Beyond the courtyard, skinny Byungjo peered into a fruit tree with a bamboo pole in hand and a half basket of plums at his feet. He said he’d take the fruit to the kitchen, so my task was done. I roamed around to the front yard, and not seeing Myunghee or anyone else nearby, I crawled into a little natural arbor I’d found beneath the lilac bushes near the front gate.

Though I wasn’t sure what not being named meant, it was obviously something bad enough to make those snake-mouthed women find fault with me and, alarmingly, with my father. Since I had heard the year of my birth, 1910, mentioned many times by the men, I wondered if my lack of name was linked to their urgent discussion. I wanted even more to know those words, but my mother was the only one I could ask. I hugged my knees and drew stick figures of the elders’ wives in the dirt. I pretended they were nameless too, an easy game since I called them each Respected Aunt and knew none of their given names.

The lilac’s clotted perfume suffused the enclosed arbor, and my eyes grew heavy. I nodded sleepily and it seemed the vines shivered, scattering purple petals like a shaking wet dog.

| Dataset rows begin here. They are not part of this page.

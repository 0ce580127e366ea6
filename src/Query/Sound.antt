-- ===== src/Query/Sound.antt =====
-- `Query::run` (libursa/Query.cpp) returns the files that the query asks for.
use ursadb.Prelude.{
  ℕ, ◌+◌, ◌≤◌, ◌<◌, ◌^◌, ◌≡◌, refl, Bool, true, false, ◌&&◌, ◌||◌, List, [], arith, leb, Result, ok,
}
use ursadb.Prelude.{length as length_of}
use ursadb.QueryResult.Ops.{QueryResult, everything}
use ursadb.QueryResult.Ops
use ursadb.QueryResult.Sets.{Means, everything-Means, empty-Means, Means-ext}
use ursadb.QueryResult.Branches.{ResultOf}
use ursadb.QueryResult.MinOf.{count_true, do_min_of-Means}
use ursadb.Query.Syntax.{
  PrimitiveQuery, Query, Queries, length, initial_ngram, literal, ngram, and_of, or_of, min_of, nil,
  cons,
}
use ursadb.Query.Meaning.{holds, all_hold, any_holds, number_hold, CountsFit, AllFit}
use ursadb.Query.Run.{run, run_and, run_or, run_min_of, int_of_count}
use ursadb.Query.RunSteps.{and_step, or_step, min_of_step, Keeps}

mutual
  unfolding number_hold

  number_hold-le : (has : PrimitiveQuery → Bool) (qs : Queries) → number_hold has qs ≤ length qs
  number_hold-le has nil = omega arith
  number_hold-le has (cons q qs) = ground (arith, number_hold-le has qs)

int_of_small : (n : ℕ) → n < 2 ^ 31 → int_of_count n ≡ n
unfolding int_of_count
int_of_small n h = ground arith

-- The index answers for the ngrams that the query asks for.
module _ (A : PrimitiveQuery → Type 0) (primitive : PrimitiveQuery → Result QueryResult)
    (has : ℕ → PrimitiveQuery → Bool)
    (answers : (g : PrimitiveQuery) → A g → ResultOf (primitive g) (λ a. has a g)) where
  mutual
    unfolding run holds CountsFit

    run-ResultOf : (q : Query) → CountsFit A q → ResultOf (run primitive q) (λ a. holds (has a) q)
    run-ResultOf (literal v) fits = answers initial_ngram fits
    run-ResultOf (ngram g) fits = answers g fits
    run-ResultOf (and_of qs) fits = run_and-ResultOf qs fits everything (λ _. true) everything-Means
    run-ResultOf (or_of qs) fits = run_or-ResultOf qs fits Ops.empty (λ _. false) empty-Means
    run-ResultOf (min_of n qs) fits =
        let (q, e, means) =
          run_min_of-ResultOf qs fits.1 (int_of_count n) (length qs) [] []
            (record { kept = tt; sizes = refl }) (omega arith) in
        (q, e, Means-ext (λ a. ground (arith, int_of_small n fits.0)) means)

    run_and-ResultOf :
        (qs : Queries)
        → AllFit A qs
        → (result : QueryResult) (m : ℕ → Bool) → Means result m
        → ResultOf (run_and primitive result qs) (λ a. m a && all_hold (has a) qs)
    run_and-ResultOf nil fits result m so_far = (result, refl, Means-ext (λ a. ground arith) so_far)
    run_and-ResultOf (cons q qs) fits result m so_far =
        and_step (λ r. run_and primitive r qs) so_far (run-ResultOf q fits.0)
          (λ r m'. run_and-ResultOf qs fits.1 r m')

    run_or-ResultOf :
        (qs : Queries)
        → AllFit A qs
        → (result : QueryResult) (m : ℕ → Bool) → Means result m
        → ResultOf (run_or primitive result qs) (λ a. m a || any_holds (has a) qs)
    run_or-ResultOf nil fits result m so_far = (result, refl, Means-ext (λ a. ground arith) so_far)
    run_or-ResultOf (cons q qs) fits result m so_far =
        or_step (λ r. run_or primitive r qs) so_far (run-ResultOf q fits.0)
          (λ r m'. run_or-ResultOf qs fits.1 r m')

    run_min_of-ResultOf :
        (qs : Queries)
        → AllFit A qs
        → (cutoff nonempty : ℕ) (results : List QueryResult) (ms : List (ℕ → Bool))
        → Keeps results ms
        → length_of results + length qs ≤ nonempty
        → ResultOf
            (run_min_of primitive cutoff nonempty results qs)
            (λ a. leb cutoff (count_true a ms + number_hold (has a) qs))
    run_min_of-ResultOf nil fits cutoff nonempty results ms keeps enough =
        let (q, e, means) = do_min_of-Means cutoff results ms keeps.kept in
        (q, e, Means-ext (λ a. ground arith) means)
    run_min_of-ResultOf (cons q qs) fits cutoff nonempty results ms keeps enough =
        min_of_step (λ c ne rs. run_min_of primitive c ne rs qs) (length qs)
          (λ a. number_hold (has a) qs) (λ a. number_hold-le (has a) qs)
          (λ c ne rs ms'. run_min_of-ResultOf qs fits.1 c ne rs ms') cutoff nonempty results ms
          keeps enough (run-ResultOf q fits.0)

  -- Where the ngrams that the query asks for are answered with the files that have them, and its
  -- counts fit into an `int`, `run` never throws, and returns the files for which the query holds.
  pub run-Means :
      (q : Query)
      → CountsFit A q
      → (r : QueryResult) × (run primitive q ≡ ok r) × Means r (λ a. holds (has a) q)
  run-Means q fits = run-ResultOf q fits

The gate slammed open to Japanese shouts, and uniformed men crashed through the yard. Sunlight refracted from their scabbards and danced on the walls, trees, shrubs, the earth. Father’s manservant, Joong, came out the front door with his arms opened as if to gather the six men in a giant embrace. “Master, the police!” he cried. A policeman punched Joong in the neck. He fell, gasping. I heard my father say, “You have no right—” and then rough indecipherable commands. Blows, scuffle, an animalistic cry. Women screamed. Something splintered. My hands unknowingly covered my ears, every muscle in my body clenched with terror.

Two policemen came from the house with sabers bared. They shoved
three stumbling elders, who held their hands high and heads bent. The remaining police pushed the other men as they staggered across the yard, my father trying to support a friend who groaned as his arm hung crazily from his gashed shoulder. All the men were forced through the gate, which banged twice against the lintel, and then they were gone. A stark silence filled the yard, then came a high-pitched wail like that of a professional mourner, and then my mother’s cry, “Daughter! My child!”

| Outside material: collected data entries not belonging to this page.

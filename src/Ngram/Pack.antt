-- ===== src/Ngram/Pack.antt =====
-- Packing bytes into a number and taking them out again.
use ursadb.Prelude.{
  ℕ, suc, ◌+◌, ◌*◌, ◌/◌, ◌^◌, ◌≡◌, refl, sym, ap, List, [], ◌∷◌, arith, length, All,
}
use native.Mathlib.Nat.{div-div-eq-div-mul}
use ursadb.Codec.Encoding.{IsByte}
use ursadb.Ngram.Convert.{bytes_of}

abbrev pub pack : ℕ → List ℕ → ℕ
pack acc [] = acc
pack acc (b ∷ bs) = pack (acc * 256 + b) bs

pow_suc : (n : ℕ) → 256 ^ suc n ≡ 256 ^ n * 256
pow_suc n = omega arith

pack-div : (acc : ℕ) (bs : List ℕ) → All IsByte bs → pack acc bs / 256 ^ length bs ≡ acc
pack-div acc [] h = omega arith
pack-div acc (b ∷ bs) h =
    rw
      (
        pow_suc (length bs),
        sym (div-div-eq-div-mul (pack (acc * 256 + b) bs) (256 ^ length bs) 256),
        pack-div (acc * 256 + b) bs h.1,
      )
      (omega arith)

pub bytes_of-pack :
    (acc : ℕ) (bs : List ℕ) → All IsByte bs → bytes_of (length bs) (pack acc bs) ≡ bs
unfolding bytes_of
bytes_of-pack acc [] h = refl
bytes_of-pack acc (b ∷ bs) h =
    rw (pack-div (acc * 256 + b) bs h.1, bytes_of-pack (acc * 256 + b) bs h.1)
      (ap (λ t. t ∷ bs) (omega arith))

Through the shroud of vines I saw her run down the side porch followed by another woman, their eyes hunting the corners. They seemed small, like straw-stuffed dolls on a wooden stage. Joong struggled to stand and the woman rushed to help him. He gestured that he hadn’t seen me. My mother opened shutters, kneeled into crawlspaces and called for me.

I wanted to leap into her strong arms but couldn’t move. “Ummanim,” escaped from my throat, then I felt my tears and cried aloud. She dashed to the lilacs and tore at the curtain of vines. I fell into my mother’s hard embrace, freed from the honeyed, cloying flowers, scared to be patted and squeezed all over by her searching hands. She held me tight and rocked me in the garden dirt until we both could breathe without sobbing.

DURING THE NEXT four days our minister came and went. I was too afraid to leave the women’s quarters and keenly felt my mother’s absence while she greeted Reverend Ahn in my father’s empty rooms. Watchful for her return, I saw that she gave the minister thickly folded papers each time he left. The fourth afternoon, they stood in the open courtyard with heads bowed, and he prayed. I could only hear when his voice swelled with impassioned pleas for the men who stood tall and the country they stood up for.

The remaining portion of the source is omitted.